**WORK ORDER:** Output all of the records exactly, word for word.

**DATA FOR PROCESSING:**

^^^^^^^^

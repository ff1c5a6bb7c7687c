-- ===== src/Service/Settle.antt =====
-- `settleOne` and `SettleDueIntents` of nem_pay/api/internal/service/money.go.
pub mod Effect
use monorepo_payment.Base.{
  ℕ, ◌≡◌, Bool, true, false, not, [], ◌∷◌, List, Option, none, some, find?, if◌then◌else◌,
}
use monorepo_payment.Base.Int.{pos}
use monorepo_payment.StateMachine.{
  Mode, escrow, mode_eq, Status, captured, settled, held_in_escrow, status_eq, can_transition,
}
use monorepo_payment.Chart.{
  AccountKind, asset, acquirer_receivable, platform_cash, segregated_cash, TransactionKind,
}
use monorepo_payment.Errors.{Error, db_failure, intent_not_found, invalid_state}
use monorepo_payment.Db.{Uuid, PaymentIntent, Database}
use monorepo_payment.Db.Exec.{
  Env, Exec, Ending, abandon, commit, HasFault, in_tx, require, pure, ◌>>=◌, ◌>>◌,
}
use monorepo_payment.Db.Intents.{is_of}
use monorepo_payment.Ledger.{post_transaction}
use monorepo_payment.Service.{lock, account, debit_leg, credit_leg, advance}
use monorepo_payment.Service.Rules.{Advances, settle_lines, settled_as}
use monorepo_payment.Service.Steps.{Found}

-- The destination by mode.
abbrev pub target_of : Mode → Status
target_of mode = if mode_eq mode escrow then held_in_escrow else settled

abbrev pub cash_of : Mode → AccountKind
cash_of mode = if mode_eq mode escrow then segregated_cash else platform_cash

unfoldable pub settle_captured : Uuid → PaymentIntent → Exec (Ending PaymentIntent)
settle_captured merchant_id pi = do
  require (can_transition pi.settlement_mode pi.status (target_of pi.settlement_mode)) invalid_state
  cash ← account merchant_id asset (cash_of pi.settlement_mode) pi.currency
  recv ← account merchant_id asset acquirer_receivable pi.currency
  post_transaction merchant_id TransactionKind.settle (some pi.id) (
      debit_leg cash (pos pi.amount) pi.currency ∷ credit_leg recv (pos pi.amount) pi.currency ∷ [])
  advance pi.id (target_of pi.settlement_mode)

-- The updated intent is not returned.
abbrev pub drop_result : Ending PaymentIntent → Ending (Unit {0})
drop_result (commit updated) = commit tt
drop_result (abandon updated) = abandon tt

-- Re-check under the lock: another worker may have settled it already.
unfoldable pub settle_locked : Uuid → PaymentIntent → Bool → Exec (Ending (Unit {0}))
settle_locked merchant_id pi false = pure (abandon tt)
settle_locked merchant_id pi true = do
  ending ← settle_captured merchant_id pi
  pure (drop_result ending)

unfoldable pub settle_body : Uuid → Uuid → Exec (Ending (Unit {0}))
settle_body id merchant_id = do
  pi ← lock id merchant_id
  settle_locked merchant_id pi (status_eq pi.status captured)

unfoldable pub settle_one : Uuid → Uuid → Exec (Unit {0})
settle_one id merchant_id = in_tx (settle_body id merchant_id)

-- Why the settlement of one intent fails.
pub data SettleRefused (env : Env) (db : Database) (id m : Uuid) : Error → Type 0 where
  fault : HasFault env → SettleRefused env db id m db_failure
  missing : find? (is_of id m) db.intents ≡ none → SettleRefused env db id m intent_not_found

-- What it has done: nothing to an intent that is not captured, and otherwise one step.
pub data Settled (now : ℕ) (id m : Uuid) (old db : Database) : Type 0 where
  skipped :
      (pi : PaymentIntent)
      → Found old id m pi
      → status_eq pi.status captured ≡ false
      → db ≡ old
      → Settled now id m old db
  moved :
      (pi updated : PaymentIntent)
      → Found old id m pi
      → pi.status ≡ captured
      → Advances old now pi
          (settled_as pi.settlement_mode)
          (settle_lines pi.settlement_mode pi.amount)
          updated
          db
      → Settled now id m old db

^^^^^^^^

**OUTPUT FOR THIS EXERCISE:**
repository ff1c5a6bb7c7687c
-- ===== src/Service/Settle.antt =====
-- `settleOne` and `SettleDueIntents` of nem_pay/api/internal/service/money.go.
pub mod Effect
use monorepo_payment.Base.{
  ℕ, ◌≡◌, Bool, true, false, not, [], ◌∷◌, List, Option, none, some, find?, if◌then◌else◌,
}
use monorepo_payment.Base.Int.{pos}
use monorepo_payment.StateMachine.{
  Mode, escrow, mode_eq, Status, captured, settled, held_in_escrow, status_eq, can_transition,
}
use monorepo_payment.Chart.{
  AccountKind, asset, acquirer_receivable, platform_cash, segregated_cash, TransactionKind,
}
use monorepo_payment.Errors.{Error, db_failure, intent_not_found, invalid_state}
use monorepo_payment.Db.{Uuid, PaymentIntent, Database}
use monorepo_payment.Db.Exec.{
  Env, Exec, Ending, abandon, commit, HasFault, in_tx, require, pure, ◌>>=◌, ◌>>◌,
}
use monorepo_payment.Db.Intents.{is_of}
use monorepo_payment.Ledger.{post_transaction}
use monorepo_payment.Service.{lock, account, debit_leg, credit_leg, advance}
use monorepo_payment.Service.Rules.{Advances, settle_lines, settled_as}
use monorepo_payment.Service.Steps.{Found}

-- The destination by mode.
abbrev pub target_of : Mode → Status
target_of mode = if mode_eq mode escrow then held_in_escrow else settled

abbrev pub cash_of : Mode → AccountKind
cash_of mode = if mode_eq mode escrow then segregated_cash else platform_cash

unfoldable pub settle_captured : Uuid → PaymentIntent → Exec (Ending PaymentIntent)
settle_captured merchant_id pi = do
  require (can_transition pi.settlement_mode pi.status (target_of pi.settlement_mode)) invalid_state
  cash ← account merchant_id asset (cash_of pi.settlement_mode) pi.currency
  recv ← account merchant_id asset acquirer_receivable pi.currency
  post_transaction merchant_id TransactionKind.settle (some pi.id) (
      debit_leg cash (pos pi.amount) pi.currency ∷ credit_leg recv (pos pi.amount) pi.currency ∷ [])
  advance pi.id (target_of pi.settlement_mode)

-- The updated intent is not returned.
abbrev pub drop_result : Ending PaymentIntent → Ending (Unit {0})
drop_result (commit updated) = commit tt
drop_result (abandon updated) = abandon tt

-- Re-check under the lock: another worker may have settled it already.
unfoldable pub settle_locked : Uuid → PaymentIntent → Bool → Exec (Ending (Unit {0}))
settle_locked merchant_id pi false = pure (abandon tt)
settle_locked merchant_id pi true = do
  ending ← settle_captured merchant_id pi
  pure (drop_result ending)

unfoldable pub settle_body : Uuid → Uuid → Exec (Ending (Unit {0}))
settle_body id merchant_id = do
  pi ← lock id merchant_id
  settle_locked merchant_id pi (status_eq pi.status captured)

unfoldable pub settle_one : Uuid → Uuid → Exec (Unit {0})
settle_one id merchant_id = in_tx (settle_body id merchant_id)

-- Why the settlement of one intent fails.
pub data SettleRefused (env : Env) (db : Database) (id m : Uuid) : Error → Type 0 where
  fault : HasFault env → SettleRefused env db id m db_failure
  missing : find? (is_of id m) db.intents ≡ none → SettleRefused env db id m intent_not_found

-- What it has done: nothing to an intent that is not captured, and otherwise one step.
pub data Settled (now : ℕ) (id m : Uuid) (old db : Database) : Type 0 where
  skipped :
      (pi : PaymentIntent)
      → Found old id m pi
      → status_eq pi.status captured ≡ false
      → db ≡ old
      → Settled now id m old db
  moved :
      (pi updated : PaymentIntent)
      → Found old id m pi
      → pi.status ≡ captured
      → Advances old now pi
          (settled_as pi.settlement_mode)
          (settle_lines pi.settlement_mode pi.amount)
          updated
          db
      → Settled now id m old db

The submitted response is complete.